Cycle performance of rGO at 50 mA g−1.

Figure A6

Rate performance of rGO.

Figure 5a compares the discharge capacities of Bi2O3@rGO and Bi2O3 electrodes after 100 cycles at different current densities. It is evident that the Bi2O3@rGO electrode exhibits much better cycle performance than the Bi2O3 electrode. Furthermore, the CEs in the first 10 cycles (Figure 5b) clearly shows that the CE of the Bi2O3@rGO electrode increases much more rapidly than that of the Bi2O3 at all tested current densities. Meanwhile, the CE also remains higher for the former than the latter and is responsible for the better cycling stability of the former. To further explicate the improved electrochemical performance of Bi2O3@rGO, the Nyquist plots of the two samples are presented in Figure 5c. The Nyquist plots of Bi2O3@rGO and Bi2O3 have similar shapes, consisting of a semicircle in the high-frequency region and a straight line in the low-frequency region. Obviously, Bi2O3@rGO composites have a smaller charge-transfer resistance (Rct) value than bare Bi2O3, confirming that the incorporation of Bi2O3 nanoparticles into rGO layers is beneficial to improve the rapid electron transfer during cycling.

Figure 5

The comparison of (a) discharge capacities and (b) CEs of Bi2O3@rGO and Bi2O3. (c) Nyquist plots of Bi2O3@rGO and Bi2O3 after 100 cycles at 50 mA g−1.
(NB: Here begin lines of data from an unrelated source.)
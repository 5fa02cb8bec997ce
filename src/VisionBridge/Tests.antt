-- ===== src/VisionBridge/Tests.antt =====
-- The vision bridge on three datagrams, of which it cannot parse the second.
use text.Mathlib.Text.{◌==◌ as str_eq}
use ssl_ros_bridge.Prelude.{
  pos, to_u16, threw, false, ◌&&◌, ◌⊎◌, inl, inr, ℕ, ◌≡◌, refl, true, Option, none, some, List, [],
  ◌∷◌, returned, ◌==◌, String,
}
use ssl_ros_bridge.Core.Receiver.{
  MulticastReceiver, Socket, joins, Completion, receives_from, new_receiver, run_receives, unjoined,
  join, join_on_one,
}
use ssl_ros_bridge.Core.Receiver.Delivery.{before_failure, conversions}
use ssl_ros_bridge.VisionBridge.{multicast_callback, vision_bridge_published}
use ssl_ros_bridge.Core.Receiver.Joining.{joining}
use ssl_ros_bridge.Core.Launch.{Overrides}
use ssl_ros_bridge.VisionBridge.Launch.{new_vision_bridge, vision_bridge_launched}

abbrev parse_first : List ℕ → Option ℕ
parse_first [] = none
parse_first (byte ∷ bytes) = some byte

abbrev convert : ℕ → List ℕ
convert n = n ∷ []

abbrev socket : Socket
socket = record { binds = true; join = λ address. joins }

abbrev completions : List Completion
completions =
    receives_from "10.0.0.1" 10020 (7 ∷ 8 ∷ [])
    ∷ receives_from "10.0.0.1" 10020 []
    ∷ receives_from "10.0.0.1" 10020 (9 ∷ [])
    ∷ []

abbrev receiver : MulticastReceiver (List (List ℕ))
receiver = record (join "10.0.0.2" (unjoined [] [])) { receives = true }

made : new_receiver socket [] [] "10.0.0.2" [] ≡ returned receiver
unfolding new_receiver join_on_one
made = refl

vision_bridge_published_example :
    (run_receives (multicast_callback parse_first convert) completions receiver).owner
    ≡ conversions parse_first convert (before_failure completions)
vision_bridge_published_example =
    vision_bridge_published parse_first convert socket [] [] "10.0.0.2" completions made

-- The network binds one socket and no other.
abbrev network : String → ℕ → Socket
network address port = record {
  binds = str_eq address "224.5.23.9" && port == 10020;
  join = λ interface. joins;
}

abbrev given : Overrides
given = record { address = some "224.5.23.9"; port = none; net_interface_address = none }

vision_bridge_launched_example :
    let socket = network "224.5.23.9" (to_u16 (pos 10020)) in
    ((socket.binds ≡ false)
      × (new_vision_bridge {Message = List ℕ} network ("10.0.0.2" ∷ []) [] given ≡ threw))
    ⊎ ((r : MulticastReceiver (List (List ℕ))) × (socket.binds ≡ true)
        × (new_vision_bridge network ("10.0.0.2" ∷ []) [] given ≡ returned r)
        × (r.joined ≡ joining socket ("10.0.0.2" ∷ []))
        × ((run_receives (multicast_callback parse_first convert) completions r).owner
            ≡ conversions parse_first convert (before_failure completions)))
vision_bridge_launched_example =
    vision_bridge_launched parse_first convert network ("10.0.0.2" ∷ []) [] given "224.5.23.9"
      (pos 10020) completions (inl refl) (inr (refl, refl)) refl
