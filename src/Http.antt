-- ===== src/Http.antt =====
-- What a handler answers. A handler reads and changes the world of the database; the request is
-- handed to it decoded, since gin and its validator are not code of this repository.
use proindustrial_backend.Common.{ℕ}
use proindustrial_backend.Common.Text.{Text, codes}
use proindustrial_backend.Database.{Action, Result, World}

-- `c.JSON(status, gin.H{"error": message})`, or `c.JSON(status, gin.H{"data": a})`.
pub data Reply (A : Type 0) : Type 0 where
  refuse : ℕ → Text → Reply A
  answer : ℕ → A → Reply A

abbrev pub Handler : Type 0 → Type 0
Handler A = World → Reply A × World

abbrev pub status : {A : Type 0} → Reply A → ℕ
status (refuse code message) = code
status (answer code a) = code

abbrev pub internal_error : {A : Type 0} → Reply A
internal_error = refuse 500 (codes "error interno del servidor")

-- A repository call, whose result decides how the handler goes on.
unfoldable pub call : {A B : Type 0} → Action A → (Result A → Handler B) → Handler B
call m k w = let (r, w') = m w in k r w'

abbrev pub respond : {A : Type 0} → Reply A → Handler A
respond reply w = (reply, w)
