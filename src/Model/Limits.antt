-- ===== src/Model/Limits.antt =====
-- internal/model/limits.go: the canonical limits of the public forms.
use proindustrial_backend.Common.{ℕ, ◌^◌}

abbrev pub min_company_name : ℕ
min_company_name = 3

abbrev pub max_company_name : ℕ
max_company_name = 120

abbrev pub max_email : ℕ
max_email = 150

abbrev pub min_phone : ℕ
min_phone = 7

abbrev pub max_phone : ℕ
max_phone = 30

abbrev pub max_region : ℕ
max_region = 100

abbrev pub max_services : ℕ
max_services = 10

abbrev pub max_service_slug : ℕ
max_service_slug = 40

abbrev pub min_description : ℕ
min_description = 40

abbrev pub max_description : ℕ
max_description = 600

abbrev pub max_rejection_reason : ℕ
max_rejection_reason = 500

abbrev pub max_slug_base : ℕ
max_slug_base = 80

-- `1 << 20`
abbrev pub max_body_bytes : ℕ
max_body_bytes = 2 ^ 20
To further confirm the cycle stability of the composite, we have taken SEM images of Bi2O3@rGO before and after 100 cycles at 50 mA g−1 (Figure 6a,b). Figure 6b shows that Bi2O3 nanoparticles are still uniformly anchored on rGO layers with strong contact and kept clear shape. Schematic illustration of the deformation of Bi2O3 and Bi2O3@rGO after cycling is displayed in Figure 6c. In the absence of rGO layers, Bi2O3 particles deform after cycling, which could lead to unstable coulombic efficiency as well as inferior cycling stability. The presence of rGO layers can suppress volume expansion of Bi2O3 nanoparticles during cycling and reduce particle aggregation, contributing to better CE and cycle performance of Bi2O3@rGO.

Figure 6

SEM images of Bi2O3@rGO (a) before cycling and (b) after cycling. (c) Schematic of the deformation of the two samples after cycling.

4. Conclusions

In summary, a Bi2O3@rGO heterostructure was prepared and applied as a composite anode for SIBs. The anode exhibited a reversible capacity of 160.9 mAh g−1 after 100 cycles at 50 mA g−1 and its CE rapidly increased to >90% after 3 cycles. Both the cycle performance and CE are much enhanced compared with bare Bi2O3 particles used as an anode. The enhancement is attributed to rGO layers which act as a conductive template, shorten the diffusion length of Na-ion, and effectively suppress the agglomeration of Bi2O3 nanoparticles during the charge-discharge process. Our method demonstrates a synergy between the active material and the 2D conductive template and has the potential to be applied for a wide range of SIB electrode materials.